# Legal age to buy ar 15 in Georgia?



## tinydaniel78 (May 29, 2013)

As the title says


----------



## chuckdog (May 29, 2013)

18 for a long gun. 21 for handguns.


----------



## tinydaniel78 (May 29, 2013)

Does an "ar" style classify as a long gun?


----------



## chuckdog (May 29, 2013)

Both are available. A standard AR 15 carbine or rifle is a long gun.


----------



## The Longhunter (May 29, 2013)

tinydaniel78 said:


> Does an "ar" style classify as a long gun?



Depends on the configuration.  An AR style receiver can be configured as a rifle or pistol AT THE TIME OF MANUFACTURE.  However it is registered determines whether it is a "long" gun or "short".

In common terminology, "AR style" would connote a long gun.  However, it is the actual gun that determines its classification, not "style."


----------



## chadeugene (May 29, 2013)

To simplify what is being said here:

If you are 18 you can buy an AR15.


----------



## tinydaniel78 (May 29, 2013)

Thanks!


----------



## specialk (May 31, 2013)

21 to buy one like this


----------



## GunnSmokeer (May 31, 2013)

*private sale?*

I wouldn't sell a rifle to a kid under 18, but IF that were to happen, would that be a crime?

Remember that the federal laws on the interstate sales of firearms (firearms having moved in interstate commerce) doesn't always apply to private sales between people who reside in the same state.

Georgia has a law against minors with handguns, but not so for rifles, correct?

So teenage boys can buy AR-15's through private sales, IF they find a willing same-state private-party seller, right?

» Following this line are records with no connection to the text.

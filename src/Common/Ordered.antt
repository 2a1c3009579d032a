-- ===== src/Common/Ordered.antt =====
-- SELECT … WHERE … ORDER BY a text key DESC. The order of texts, which is the database's, is a
-- parameter.
use mathlib.Core.Path.{◌≡◌, refl, ap, ◌∙◌}
use mathlib.Core.Logic.{inl, inr}
use mathlib.Core.Bool.{Bool, true, false, ◌&&◌}
use mathlib.Core.List.{List, [], ◌∷◌, ◌++◌, Perm}
use mathlib.Core.List.Perm
use Prim.Native.String.{String}
use text.Mathlib.Text.{◌==◌}
use text.Mathlib.TextEquality.{eq_iff}
use text.Mathlib.TextPositions.{eq_refl}
use native.Mathlib.Omega.{arith}
use tempogate.Common.Tests.{if◌then◌else◌, Bool-cases}
use tempogate.Common.Rows.{All, any}
use tempogate.Common.Keyed.{Distinct}

-- A strict total order on texts.
pub record IsOrder (before : String → String → Bool) : Type 0 where
  pub irreflexive : (a : String) → before a a ≡ false
  pub transitive : (a b c : String) → before a b ≡ true → before b c ≡ true → before a c ≡ true
  pub connected : (a b : String) → before a b ≡ false → before b a ≡ false → a ≡ b

module _ {before : String → String → Bool} (o : IsOrder before) where
  pub asymmetric : (a b : String) → before a b ≡ true → before b a ≡ false
  asymmetric a b h = elim (Bool-cases (before b a)) [
    | inl e ↦ cc (o.transitive a b a h e, o.irreflexive a)
    | inr e ↦ e
  ]

  not_above : (a b c : String) → before a c ≡ false → before b c ≡ true → before a b ≡ false
  not_above a b c e h = elim (Bool-cases (before a b)) [
    | inl k ↦ cc (o.transitive a b c k h, e)
    | inr k ↦ k
  ]

module _ {ℓ} {A : Type ℓ} where
  -- SELECT … WHERE.
  unfoldable pub select : (A → Bool) → List A → List A
  select p [] = []
  select p (x ∷ xs) = if p x then x ∷ select p xs else select p xs

  pub select_miss :
      (p : A → Bool) (x : A) (xs : List A) → p x ≡ false → select p (x ∷ xs) ≡ select p xs
  unfolding select
  select_miss p x xs h = rw h refl

  pub select_ext :
      (p q : A → Bool) (xs : List A) → ((x : A) → p x ≡ q x) → select p xs ≡ select q xs
  unfolding select
  select_ext p q [] same = refl
  select_ext p q (x ∷ xs) same = rw (same x, select_ext p q xs same)

  pub select-select :
      (p q : A → Bool) (xs : List A) → select p (select q xs) ≡ select (λ x. q x && p x) xs
  unfolding select
  select-select p q [] = refl
  select-select p q (x ∷ xs) = ground (arith, select-select p q xs)

  pub select_every : (p : A → Bool) (xs : List A) → All (λ x. p x ≡ true) xs → select p xs ≡ xs
  unfolding select
  select_every p [] h = refl
  select_every p (x ∷ xs) h = rw h.0 (ap (◌∷◌ x) (select_every p xs h.1))

  pub All-select {κ} :
      (P : A → Type κ) (p : A → Bool) (xs : List A) → All P xs → All P (select p xs)
  unfolding select
  All-select P p [] h = tt
  All-select P p (x ∷ xs) h = elim (Bool-cases (p x)) [
    | inl e ↦ rw e (h.0, All-select P p xs h.1)
    | inr e ↦ rw e (All-select P p xs h.1)
  ]

  pub All-append_right {κ} : (P : A → Type κ) (xs ys : List A) → All P (xs ++ ys) → All P ys
  All-append_right P [] ys h = h
  All-append_right P (x ∷ xs) ys h = All-append_right P xs ys h.1

module _ {ℓ} {A : Type ℓ} where
  pub All-imp {κ μ} :
      (P : A → Type κ) (Q : A → Type μ) (xs : List A) → ((x : A) → P x → Q x) → All P xs → All Q xs
  All-imp P Q [] imp h = tt
  All-imp P Q (x ∷ xs) imp h = (imp x h.0, All-imp P Q xs imp h.1)

module _ {ℓ} {A : Type ℓ} (key : A → String) where
  -- Each row is found under its own key.
  pub any_self : (xs : List A) → All (λ x. any (λ y. key y == key x) xs ≡ true) xs
  unfolding any
  any_self [] = tt
  any_self (x ∷ xs) =
      (ground (arith, eq_refl (key x)), All-imp _ _ xs (λ y h. ground (arith, h)) (any_self xs))

module _ {ℓ} {A : Type ℓ} (key : A → String) (before : String → String → Bool) where
  unfoldable pub insert : A → List A → List A
  insert x [] = x ∷ []
  insert x (y ∷ ys) =
      let rest = insert x ys in if before (key x) (key y) then y ∷ rest else x ∷ y ∷ ys

  -- ORDER BY … DESC
  unfoldable pub sort : List A → List A
  unfolding insert
  sort [] = []
  sort (x ∷ xs) = insert x (sort xs)

  -- Each row's key is above those of the rows behind it.
  abbrev pub Descending : List A → Type 0
  Descending [] = Unit
  Descending (x ∷ xs) = All (λ y. before (key y) (key x) ≡ true) xs × Descending xs

  insert-perm : (x : A) (ys : List A) → Perm (insert x ys) (x ∷ ys)
  unfolding insert
  insert-perm x [] = Perm.refl _
  insert-perm x (y ∷ ys) = elim (Bool-cases (before (key x) (key y))) [
    | inl e ↦ rw e (Perm.trans (Perm.cons y (insert-perm x ys)) (Perm.swap x y ys))
    | inr e ↦ rw e (Perm.refl _)
  ]

  pub sort-perm : (xs : List A) → Perm (sort xs) xs
  unfolding sort
  sort-perm [] = Perm.refl _
  sort-perm (x ∷ xs) = Perm.trans (insert-perm x (sort xs)) (Perm.cons x (sort-perm xs))

  insert-All {κ} : (P : A → Type κ) (x : A) (ys : List A) → P x → All P ys → All P (insert x ys)
  unfolding insert
  insert-All P x [] p h = (p, tt)
  insert-All P x (y ∷ ys) p h = elim (Bool-cases (before (key x) (key y))) [
    | inl e ↦ rw e (h.0, insert-All P x ys p h.1)
    | inr e ↦ rw e (p, h)
  ]

  pub sort-All {κ} : (P : A → Type κ) (xs : List A) → All P xs → All P (sort xs)
  unfolding sort
  sort-All P [] h = tt
  sort-All P (x ∷ xs) h = insert-All P x (sort xs) h.0 (sort-All P xs h.1)

module _ {ℓ} {A : Type ℓ} (key : A → String) {before : String → String → Bool}
    (o : IsOrder before) where
  any-insert :
      (p : A → Bool) (x : A) (ys : List A) → any p (insert key before x ys) ≡ any p (x ∷ ys)
  unfolding any insert
  any-insert p x [] = refl
  any-insert p x (y ∷ ys) = ground (arith, any-insert p x ys)

  any-sort : (p : A → Bool) (xs : List A) → any p (sort key before xs) ≡ any p xs
  unfolding any sort
  any-sort p [] = refl
  any-sort p (x ∷ xs) = any-insert p x (sort key before xs) ∙ rw (any-sort p xs) refl

  insert-Descending :
      (x : A) (ys : List A)
      → any (λ y. key y == key x) ys ≡ false
      → Descending key before ys
      → Descending key before (insert key before x ys)
  unfolding any insert
  insert-Descending x [] absent d = (tt, tt)
  insert-Descending x (y ∷ ys) absent d = elim (Bool-cases (before (key x) (key y))) [
    | inl e ↦ rw e (insert-All key before _ x ys e d.0, insert-Descending x ys (ground arith) d.1)
    | inr e ↦
        let below : before (key y) (key x) ≡ true = elim (Bool-cases (before (key y) (key x))) [
          | inl h ↦ h
          | inr h ↦
              let same : key y ≡ key x = o.connected _ _ h e in
              ground (arith, absent, (eq_iff (key y) (key x)).1 same)
        ] in
        rw e ((below, All-imp _ _ ys (λ z h. o.transitive _ _ _ h below) d.0), d)
  ]

  pub sort-Descending : (xs : List A) → Distinct key xs → Descending key before (sort key before xs)
  unfolding sort
  sort-Descending [] d = tt
  sort-Descending (x ∷ xs) d =
      insert-Descending x (sort key before xs) (any-sort _ xs ∙ d.0) (sort-Descending xs d.1)

  pub Descending-select :
      (p : A → Bool) (xs : List A) → Descending key before xs → Descending key before (select p xs)
  unfolding select
  Descending-select p [] d = tt
  Descending-select p (x ∷ xs) d = elim (Bool-cases (p x)) [
    | inl e ↦ rw e (All-select _ p xs d.0, Descending-select p xs d.1)
    | inr e ↦ rw e (Descending-select p xs d.1)
  ]

  -- A row that is above all others comes first.
  insert_top :
      (x : A) (ys : List A)
      → All (λ y. before (key x) (key y) ≡ false) ys
      → insert key before x ys ≡ x ∷ ys
  unfolding insert
  insert_top x [] h = refl
  insert_top x (y ∷ ys) h = rw h.0 refl

  select-insert :
      (p : A → Bool) (x : A) (ys : List A)
      → Descending key before ys
      → select p (insert key before x ys)
        ≡ (if p x then insert key before x (select p ys) else select p ys)
  unfolding insert select
  select-insert p x [] d = refl
  select-insert p x (y ∷ ys) d = elim (Bool-cases (before (key x) (key y))) [
    | inl e ↦ rw e (ground (arith, select-insert p x ys d.1))
    | inr e ↦
        let low : All (λ z. before (key x) (key z) ≡ false) (y ∷ ys) =
          (e, All-imp _ _ ys (λ z. not_above o (key x) (key z) (key y) e) d.0) in
        rw (e, insert_top x (select p (y ∷ ys)) (All-select _ p (y ∷ ys) low)) refl
  ]

  -- WHERE may come before or after ORDER BY.
  pub sort-select :
      (p : A → Bool) (xs : List A)
      → Distinct key xs
      → sort key before (select p xs) ≡ select p (sort key before xs)
  unfolding sort select
  sort-select p [] d = refl
  sort-select p (x ∷ xs) d =
      let rest = sort-select p xs d.1 in
      rw (select-insert p x (sort key before xs) (sort-Descending xs d.1)) (ground (arith, rest))

  -- The rows below a row are those behind it.
  pub select_below :
      (xs : List A) (x : A) (ys : List A)
      → Descending key before (xs ++ x ∷ ys)
      → select (λ y. before (key y) (key x)) (xs ++ x ∷ ys) ≡ ys
  unfolding select
  select_below [] x ys d =
      rw (o.irreflexive (key x)) (select_every (λ y. before (key y) (key x)) ys d.0)
  select_below (z ∷ xs) x ys d =
      let above : before (key x) (key z) ≡ true = (All-append_right _ xs (x ∷ ys) d.0).0 in
      rw (asymmetric o _ _ above) (select_below xs x ys d.1)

If you think that's illegal, tell me what law says so.


----------



## trial&error (Jun 1, 2013)

I really hope your joking.


----------



## The Longhunter (Jun 2, 2013)

chuckdog said:


> 18 for a long gun. 21 for handguns.



An 18 year old can buy a handgun in a private transaction in Georgia.  It becomes an issue what he does with it once he buys it --


----------



## wareagle700 (Jun 2, 2013)

GunnSmokeer said:


> I wouldn't sell a rifle to a kid under 18, but IF that were to happen, would that be a crime?
> 
> Remember that the federal laws on the interstate sales of firearms (firearms having moved in interstate commerce) doesn't always apply to private sales between people who reside in the same state.
> 
> ...



From what I read, there is no minimum age in GA for posession or ownership of a long gun.




trial&error said:


> I really hope your joking.




Please share if we are mistaken.


----------



## raw111 (Jun 2, 2013)

As far as purchase goes, it varies.

From a dealer (FFL), a 18+ can purchase an assembled AR15. They can not purchase a stripped lower.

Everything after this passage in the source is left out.